Records from a data collection:
- Opening Delimiter -
-- ===== src/Hardware/Transition/Calls.antt =====
-- `UpdateCallStackForTransition` over sequences of transitions: the call depth, the stack, and calls
-- that nest.
use vd_trace.Base.{
  ℕ, ◌+◌, ◌%◌, ◌≡◌, ◌≢◌, refl, ap, sym, ◌∙◌, true, List, [], ◌∷◌, ◌++◌, arith, length, u32_mod,
}
use mathlib.Core.Path.{ap₂}
use vd_trace.Session.{call, return, BasicBlockInfo, EnhancedSamplingFrame, Impl}
use vd_trace.Hardware.Transition.{
  update_call_stack_for_transition, push_call_frame, try_pop_call_frame, pop_matching, pop,
}

-- One finished transition: the block that ended, where the thread went on, and the sample that was
-- taken of the call.
pub record Transition : Type 0 where
  pub block : BasicBlockInfo
  pub next_entry : ℕ
  pub sample_frame : EnhancedSamplingFrame

abbrev pub take_transition : Impl → Transition → Impl
take_transition impl t =
    update_call_stack_for_transition (record impl { pending_block = t.block }) t.next_entry
      t.sample_frame

pub run_transitions : Impl → List Transition → Impl
run_transitions impl [] = impl
run_transitions impl (t ∷ ts) = run_transitions (take_transition impl t) ts

-- The depth counts the frames, and each call frame has its sampling frame.
pub record DepthFollows (impl : Impl) : Type 0 where
  pub depth :
      impl.current_call_depth ≡ (impl.call_depth_offset + length impl.call_return_stack) % u32_mod
  pub paired : length impl.enhanced_sampling_stack ≡ length impl.call_return_stack

pop_matching-DepthFollows :
    (impl : Impl) (resume_address : ℕ) (stack : List ℕ)
    → impl.call_return_stack ≡ stack
    → DepthFollows impl
    → DepthFollows (pop_matching impl resume_address stack)
unfolding pop_matching
pop_matching-DepthFollows impl resume_address [] e d = d
pop_matching-DepthFollows impl resume_address (top ∷ rest) e d = ground arith

-- A transition keeps the depth at the number of call frames, modulo 2 ^ 32, and each call frame
-- paired with a sampling frame.
pub take-DepthFollows :
    (impl : Impl) (t : Transition) → DepthFollows impl → DepthFollows (take_transition impl t)
unfolding update_call_stack_for_transition push_call_frame try_pop_call_frame
take-DepthFollows impl t d =
    let resumed = record impl { pending_block = t.block } in
    ground (arith, pop_matching-DepthFollows resumed t.next_entry impl.call_return_stack)

run-DepthFollows :
    (impl : Impl) (ts : List Transition)
    → DepthFollows impl
    → DepthFollows (run_transitions impl ts)
unfolding run_transitions
run-DepthFollows impl [] d = d
run-DepthFollows impl (t ∷ ts) d =
    run-DepthFollows (take_transition impl t) ts (take-DepthFollows impl t d)

run-append :
    (impl : Impl) (xs ys : List Transition)
    → run_transitions impl (xs ++ ys) ≡ run_transitions (run_transitions impl xs) ys
unfolding run_transitions
run-append impl [] ys = refl
run-append impl (x ∷ xs) ys = run-append (take_transition impl x) xs ys

abbrev IsEdge : Transition → Type 0
IsEdge t = (t.block.valid ≡ true) × (t.block.emits_edge ≡ true)

-- Sequences in which calls and returns nest: each call that is followed goes back, behind a
-- nested sequence, to the address behind it.
pub data Nested : List Transition → Type 0 where
  done : Nested []
  plain :
      {ts : List Transition} (t : Transition)
      → t.block.tail_decode.kind ≢ call
      → t.block.tail_decode.kind ≢ return
      → Nested ts
      → Nested (t ∷ ts)
  skipped :
      {ts : List Transition} (t : Transition)
      → t.block.tail_decode.kind ≡ call
      → t.next_entry ≡ t.block.fallthrough
      → Nested ts
      → Nested (t ∷ ts)
  followed :
      {ts : List Transition} (c r : Transition) (body rest : List Transition)
      → IsEdge c
      → c.block.tail_decode.kind ≡ call
      → c.next_entry ≢ c.block.fallthrough
      → Nested body
      → IsEdge r
      → r.block.tail_decode.kind ≡ return
      → r.next_entry ≡ c.block.fallthrough
      → Nested rest
      → ts ≡ c ∷ (body ++ r ∷ rest)
      → Nested ts

abbrev pub SameStacks : Impl → Impl → Type 0
SameStacks a b =
    (a.call_return_stack ≡ b.call_return_stack)
    × (a.enhanced_sampling_stack ≡ b.enhanced_sampling_stack)
    × (a.call_depth_offset ≡ b.call_depth_offset)

plain-same :
    (impl : Impl) (t : Transition)
    → t.block.tail_decode.kind ≢ call
    → t.block.tail_decode.kind ≢ return
    → SameStacks (take_transition impl t) impl
unfolding update_call_stack_for_transition
plain-same impl t nc nr = ground arith

skipped-same :
    (impl : Impl) (t : Transition)
    → t.block.tail_decode.kind ≡ call
    → t.next_entry ≡ t.block.fallthrough
    → SameStacks (take_transition impl t) impl
unfolding update_call_stack_for_transition
skipped-same impl t k e = ground arith

take-call :
    (impl : Impl) (t : Transition)
    → IsEdge t
    → t.block.tail_decode.kind ≡ call
    → t.next_entry ≢ t.block.fallthrough
    → let s = take_transition impl t in
      (s.call_return_stack ≡ t.block.fallthrough ∷ impl.call_return_stack)
      × (s.enhanced_sampling_stack ≡ t.sample_frame ∷ impl.enhanced_sampling_stack)
      × (s.call_depth_offset ≡ impl.call_depth_offset)
unfolding update_call_stack_for_transition push_call_frame
take-call impl t v k ne = ground arith

pop_matched :
    (impl : Impl) (address : ℕ) (stack all : List ℕ)
    → all ≡ address ∷ stack
    → let s = pop_matching impl address all in
      (s.call_return_stack ≡ stack)
      × (s.enhanced_sampling_stack ≡ pop impl.enhanced_sampling_stack)
      × (s.call_depth_offset ≡ impl.call_depth_offset)
unfolding pop_matching
pop_matched impl address stack all e = ground arith

take-return :
    (impl : Impl) (t : Transition) (stack : List ℕ)
    → IsEdge t
    → t.block.tail_decode.kind ≡ return
    → impl.call_return_stack ≡ t.next_entry ∷ stack
    → let s = take_transition impl t in
      (s.call_return_stack ≡ stack)
      × (s.enhanced_sampling_stack ≡ pop impl.enhanced_sampling_stack)
      × (s.call_depth_offset ≡ impl.call_depth_offset)
unfolding update_call_stack_for_transition try_pop_call_frame
take-return impl t stack v k e = ground (
  arith,
  pop_matched (record impl { pending_block = t.block }) t.next_entry stack impl.call_return_stack e,
)

same_trans : (a b c : Impl) → SameStacks a b → SameStacks b c → SameStacks a c
same_trans a b c h k = (h.0 ∙ k.0, h.1 ∙ k.1, h.2 ∙ k.2)

-- A call, what runs inside it, and its return.
followed-same :
    (impl : Impl) (c r : Transition) (body : List Transition)
    → IsEdge c
    → c.block.tail_decode.kind ≡ call
    → c.next_entry ≢ c.block.fallthrough
    → IsEdge r
    → r.block.tail_decode.kind ≡ return
    → r.next_entry ≡ c.block.fallthrough
    → SameStacks (run_transitions (take_transition impl c) body) (take_transition impl c)
    → SameStacks (take_transition (run_transitions (take_transition impl c) body) r) impl
followed-same impl c r body vc kc ne vr kr e inside =
    let inner = run_transitions (take_transition impl c) body in
    let pushed = take-call impl c vc kc ne in
    let popped =
      take-return inner r impl.call_return_stack vr kr
        (inside.0 ∙ pushed.0 ∙ ap (λ (a : ℕ). a ∷ impl.call_return_stack) (sym e)) in
    (popped.0, popped.1 ∙ ap pop (inside.1 ∙ pushed.1), popped.2 ∙ inside.2 ∙ pushed.2)

run-same :
    (impl : Impl) {ts : List Transition} → Nested ts → SameStacks (run_transitions impl ts) impl
unfolding run_transitions
run-same impl done = (refl, refl, refl)
run-same impl (plain {ts} t nc nr n) =
    same_trans (run_transitions (take_transition impl t) ts) (take_transition impl t) impl
      (run-same (take_transition impl t) n) (plain-same impl t nc nr)
run-same impl (skipped {ts} t k e n) =
    same_trans (run_transitions (take_transition impl t) ts) (take_transition impl t) impl
      (run-same (take_transition impl t) n) (skipped-same impl t k e)
run-same impl (followed c r body rest vc kc ne inner vr kr e outer s) =
    let after = run_transitions (take_transition impl c) body in
    let back =
      followed-same impl c r body vc kc ne vr kr e (run-same (take_transition impl c) inner) in
    rw (s, run_transitions)
      (rw (run-append (take_transition impl c) body (r ∷ rest)) (
        same_trans (run_transitions (take_transition after r) rest) (take_transition after r) impl
          (run-same (take_transition after r) outer) back))

-- Calls and returns that nest leave the stacks of return addresses and of sampling frames as they
-- were, and so the call depth, whatever the frames below; and at every point the depth counts
-- the frames on the stack, modulo 2 ^ 32, and each of them has its sampling frame.
pub Nested-SameStacks :
    (impl : Impl) {ts : List Transition}
    → DepthFollows impl
    → Nested ts
    → SameStacks (run_transitions impl ts) impl
      × ((run_transitions impl ts).current_call_depth ≡ impl.current_call_depth)
      × DepthFollows (run_transitions impl ts)
Nested-SameStacks impl {ts} d n =
    let same = run-same impl n in
    let after = run-DepthFollows impl ts d in
    (
      same,
      after.depth
          ∙ ap₂ (λ (o : ℕ) (s : List ℕ). (o + length s) % u32_mod) same.2 same.0
          ∙ sym d.depth,
      after,
    )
- Closing Delimiter -
**Prompt**: Pull every line containing "IsEdge" out of the data above.

**Solution to this task**:
abbrev IsEdge : Transition → Type 0
IsEdge t = (t.block.valid ≡ true) × (t.block.emits_edge ≡ true)
      → IsEdge c
      → IsEdge r
    → IsEdge t
    → IsEdge t
    → IsEdge c
    → IsEdge r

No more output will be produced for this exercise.